§ **PROBLEM DESCRIPTION**: Filter the records below, keeping only lines with the string "stopped".

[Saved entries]
==================================================
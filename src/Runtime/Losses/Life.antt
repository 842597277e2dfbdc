-- ===== src/Runtime/Losses/Life.antt =====
-- What becomes of the channels leaves the client's own state, its shutdown and its connection alone.
use phoenix_channels_python.Base.{
  ℕ, ◌≡◌, refl, ◌∙◌, Bool, true, false, ◌&&◌, not, is_some, Option, some, List, [], ◌∷◌,
  if◌then◌else◌, Exc,
}
use phoenix_channels_python.Topic.{ChannelCause, accepted, transport, is_left, values}
use phoenix_channels_python.Runtime.{Client, same_connection, create_task, create_future}
use phoenix_channels_python.Runtime.Transition.{
  fail_current_join, accept_channel, mark_lost, fail_pushes, lose_channel, transition_channel,
}
use phoenix_channels_python.Runtime.Tasks.{release_reservation, leave_first, start_leave_task}
use phoenix_channels_python.Runtime.Control.{set_terminal}
use phoenix_channels_python.Runtime.Losses.{
  fail_leave, after_loss, fail_pending_join, fail_joins_of, fail_pending_joins, retire_channel,
  retire_all, retire_channels,
}

pub record Life (c d : Client) : Type 0 where
  pub state : d.state ≡ c.state
  pub stopping : d.shutdown_requested ≡ c.shutdown_requested
  pub connection : d.connection ≡ c.connection

pub Life-refl : (c : Client) → Life c c
Life-refl c = record { state = refl; stopping = refl; connection = refl }

pub Life-trans : {c d e : Client} → Life c d → Life d e → Life c e
Life-trans a b = record {
  state = b.state ∙ a.state;
  stopping = b.stopping ∙ a.stopping;
  connection = b.connection ∙ a.connection;
}

pub Life-if :
    {c : Client} (b : Bool) (x y : Client) → Life c x → Life c y → Life c (if b then x else y)
Life-if true x y h i = h
Life-if false x y h i = i

abbrev same :
    {c d : Client}
    → d.state ≡ c.state
    → d.shutdown_requested ≡ c.shutdown_requested
    → d.connection ≡ c.connection
    → Life c d
same p q r = record { state = p; stopping = q; connection = r }

fail_current_join-Life : (c : Client) (k : ℕ) (e : Exc) → Life c (fail_current_join c k e)
unfolding fail_current_join create_future
fail_current_join-Life c k e = Life-if _ _ _ (same refl refl refl) (same refl refl refl)

accept_channel-Life : (c : Client) (k : ℕ) → Life c (accept_channel c k)
unfolding accept_channel
accept_channel-Life c k = Life-if _ _ _ (same refl refl refl) (same refl refl refl)

lose_channel-Life :
    (c : Client) (k : ℕ) (cause : ChannelCause) (e : Exc) → Life c (lose_channel c k cause e)
unfolding lose_channel mark_lost fail_pushes
lose_channel-Life c k cause e =
    let marked : Life c (mark_lost c k cause) = same refl refl refl in
    let failed = Life-trans marked (fail_current_join-Life (mark_lost c k cause) k e) in
    Life-trans failed (same refl refl refl)

pub transition_channel-Life :
    (c : Client) (k : ℕ) (cause : ChannelCause) (e : Option Exc)
    → Life c (transition_channel c k cause e)
unfolding transition_channel
transition_channel-Life c k accepted e = accept_channel-Life c k
transition_channel-Life c k cause e = lose_channel-Life c k cause _

pub release_reservation-Life : (c : Client) (k : ℕ) → Life c (release_reservation c k)
unfolding release_reservation
release_reservation-Life c k = Life-if _ _ _ (same refl refl refl) (Life-refl c)

leave_first-Life : (c : Client) (k : ℕ) → Life c (leave_first c k)
unfolding leave_first
leave_first-Life c k = Life-if _ _ _ (Life-refl c) (transition_channel-Life c k _ _)

pub start_leave_task-Life : (c : Client) (k : ℕ) → Life c (start_leave_task c k)
unfolding start_leave_task create_task
start_leave_task-Life c k =
    Life-if _ _ _ (Life-refl c) (Life-trans (leave_first-Life c k) (same refl refl refl))

pub set_terminal-Life : (c : Client) (k : ℕ) → Life c (set_terminal c k)
unfolding set_terminal
set_terminal-Life c k = same refl refl refl

after_loss-Life : (c : Client) (k : ℕ) (e : Exc) → Life c (after_loss c k e)
unfolding after_loss fail_leave
after_loss-Life c k e =
    let told =
      Life-if (c.topics k).leave_requested (fail_leave c k e) c (same refl refl refl)
        (Life-refl c) in
    Life-if _ _ _ (Life-trans told (start_leave_task-Life _ k)) told

fail_pending_join-Life : (c : Client) (k : ℕ) (e : Exc) → Life c (fail_pending_join c k e)
unfolding fail_pending_join fail_leave
fail_pending_join-Life c k e =
    let t = c.topics k in
    Life-if (is_some t.connection && not (same_connection t.connection c.connection)) c _
      (Life-refl c)
      (Life-if (is_left t.state) (fail_leave c k e) _ (same refl refl refl)
        (Life-trans (transition_channel-Life c k transport (some e)) (after_loss-Life _ k e)))

fail_joins_of-Life : (c : Client) (ks : List ℕ) (e : Exc) → Life c (fail_joins_of c ks e)
unfolding fail_joins_of
fail_joins_of-Life c [] e = Life-refl c
fail_joins_of-Life c (k ∷ ks) e =
    Life-trans (fail_pending_join-Life c k e) (fail_joins_of-Life (fail_pending_join c k e) ks e)

pub fail_pending_joins-Life : (c : Client) (e : Exc) → Life c (fail_pending_joins c e)
unfolding fail_pending_joins
fail_pending_joins-Life c e = fail_joins_of-Life c (values c.topic_subscriptions) e

retire_channel-Life : (c : Client) (k : ℕ) (e : Exc) → Life c (retire_channel c k e)
unfolding retire_channel
retire_channel-Life c k e =
    let stopped = transition_channel-Life c k _ (some e) in
    Life-if _ _ _ stopped (
      Life-trans stopped (
        Life-trans (set_terminal-Life _ k)
          (Life-trans (start_leave_task-Life _ k) (release_reservation-Life _ k))))

retire_all-Life : (c : Client) (ks : List ℕ) (e : Exc) → Life c (retire_all c ks e)
unfolding retire_all
retire_all-Life c [] e = Life-refl c
retire_all-Life c (k ∷ ks) e =
    Life-trans (retire_channel-Life c k e) (retire_all-Life (retire_channel c k e) ks e)

pub retire_channels-Life : (c : Client) (e : Exc) → Life c (retire_channels c e)
unfolding retire_channels
retire_channels-Life c e = retire_all-Life c (values c.topic_subscriptions) e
==================================================
§ **PROBLEM SOLUTION**:
    let stopped = transition_channel-Life c k _ (some e) in
    Life-if _ _ _ stopped (
      Life-trans stopped (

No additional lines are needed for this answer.